══ Input data ══
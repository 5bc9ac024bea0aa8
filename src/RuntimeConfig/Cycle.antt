-- ===== src/RuntimeConfig/Cycle.antt =====
-- Reloads and the acknowledgement of a restart, bot/src/runtime/runtime-config-manager.ts.
use bobby_execute.Base.{
  ◌+◌, String, Bool, true, false, ◌||◌, Option, none, some, ltb, if◌then◌else◌, ◌otherwise◌,
  ◌or_else◌,
}
use bobby_execute.RuntimeConfig.Records.{
  reload, restart_ack, ConfigState, ManagedState, Manager, Env,
}
use bobby_execute.RuntimeConfig.Views.{build_status, build_signal}
use bobby_execute.RuntimeConfig.Boundary.{finish_request, pass_boundaries}
use bobby_execute.RuntimeConfig.Queue.{
  MutationResult, ended, result, enqueue, make_state, persist_snapshot, after_call, stored_active,
  stored_change, change,
}

-- a reload that waits for a restart is finished
abbrev pub after_reload : Bool → Bool → ConfigState → Env → Manager → Manager
after_reload true cycling requested env m = m
after_reload false cycling requested env m = finish_request cycling requested env m

-- `reload`, which reads again whether a cycle runs once the repository has answered
unfoldable pub reload_config : String → Option String → Env → Manager → Manager × MutationResult
unfolding enqueue build_signal build_status
reload_config actor reason env = enqueue reload λ m.
    let base = m.state in
    let cycling = ltb 0 m.cycle_depth in
    let restart = base.requested.requires_restart in
    let waiting = cycling || restart in
    let version = base.requested.version in
    let overlay = record base.requested.overlay {
      reload_nonce = base.requested.overlay.reload_nonce + 1;
      pending_restart = restart;
      pending_reason = reason or_else base.active.pending_reason;
    } in
    let requested = make_state version overlay env.now base.applied.applied_at waiting restart in
    let applied =
      if waiting
      then base.applied
      else make_state version overlay env.now (some env.now) false false in
    let active = record base.active {
      active_version_id = version.id;
      requested_version_id = version.id;
      applied_version_id = applied.version.id;
      last_valid_version_id = base.last_valid_version.id;
      reload_nonce = overlay.reload_nonce;
      pending_apply = waiting;
      pending_reason = if waiting then some (reason otherwise "reload requested") else none;
      requires_restart = restart;
      requested_at = env.now;
      applied_at = some (applied.applied_at otherwise env.now);
      updated_at = env.now;
    } in
    let row = record active {
      paused = overlay.paused;
      pause_scope = overlay.pause_scope;
      pause_reason = overlay.pause_reason;
      kill_switch = overlay.kill_switch;
      kill_switch_reason = overlay.kill_switch_reason;
    } in
    let entry =
      change reload actor true version (some version.config) base.requested.overlay overlay reason
        none version env.now in
    let m1 = record m {
      state = record base { requested = requested; applied = applied; active = active };
    } in
    let m2 = pass_boundaries env.faults.meanwhile env (stored_active row m1) in
    let m3 = stored_change entry m2 in
    let m4 = after_reload restart (ltb 0 m3.cycle_depth) requested env m3 in
    after_call env.faults.update_active m1 (
      after_call env.faults.append_change_log m2
        (m4, ended (result reload true none (some applied.version.id) m4)))

-- the state of a restart that has applied the requested version
abbrev restarted : Env → ManagedState → ManagedState
restarted env base =
    let overlay = record base.requested.overlay {
      pending_restart = false;
      pending_reason = none;
    } in
    record base {
      requested = record base.requested {
        overlay = overlay;
        pending_apply = false;
        requires_restart = false;
      };
      applied =
          make_state base.requested.version overlay base.requested.requested_at (some env.now) false
            false;
      last_valid_version = base.requested.version;
      active = record base.active {
        applied_version_id = base.requested.version.id;
        last_valid_version_id = base.requested.version.id;
        applied_at = some env.now;
        updated_at = env.now;
        pending_apply = false;
        pending_reason = none;
        requires_restart = false;
      };
    }

-- `confirmRestartApplied`
unfoldable pub confirm_restart_applied : Env → Manager → Manager × MutationResult
unfolding enqueue build_signal build_status
confirm_restart_applied env = enqueue restart_ack λ m.
    let base = m.state in
    let m1 = record m { state = restarted env base; pending_applied = none } in
    let m2 = persist_snapshot env (stored_active m1.state.active m1) in
    if base.active.requires_restart
    then after_call env.faults.update_active m1
        (m2, ended (result restart_ack true none (some base.requested.version.id) m2))
    else (m, ended (result restart_ack true none (some base.applied.version.id) m))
═══
• **The problem**
All lines in the entries above that include "false" should be found and copied.

• **Your solution**
  ◌+◌, String, Bool, true, false, ◌||◌, Option, none, some, ltb, if◌then◌else◌, ◌otherwise◌,
after_reload false cycling requested env m = finish_request cycling requested env m
      else make_state version overlay env.now (some env.now) false false in
      pending_restart = false;
        pending_apply = false;
        requires_restart = false;
          make_state base.requested.version overlay base.requested.requested_at (some env.now) false
            false;
        pending_apply = false;
        requires_restart = false;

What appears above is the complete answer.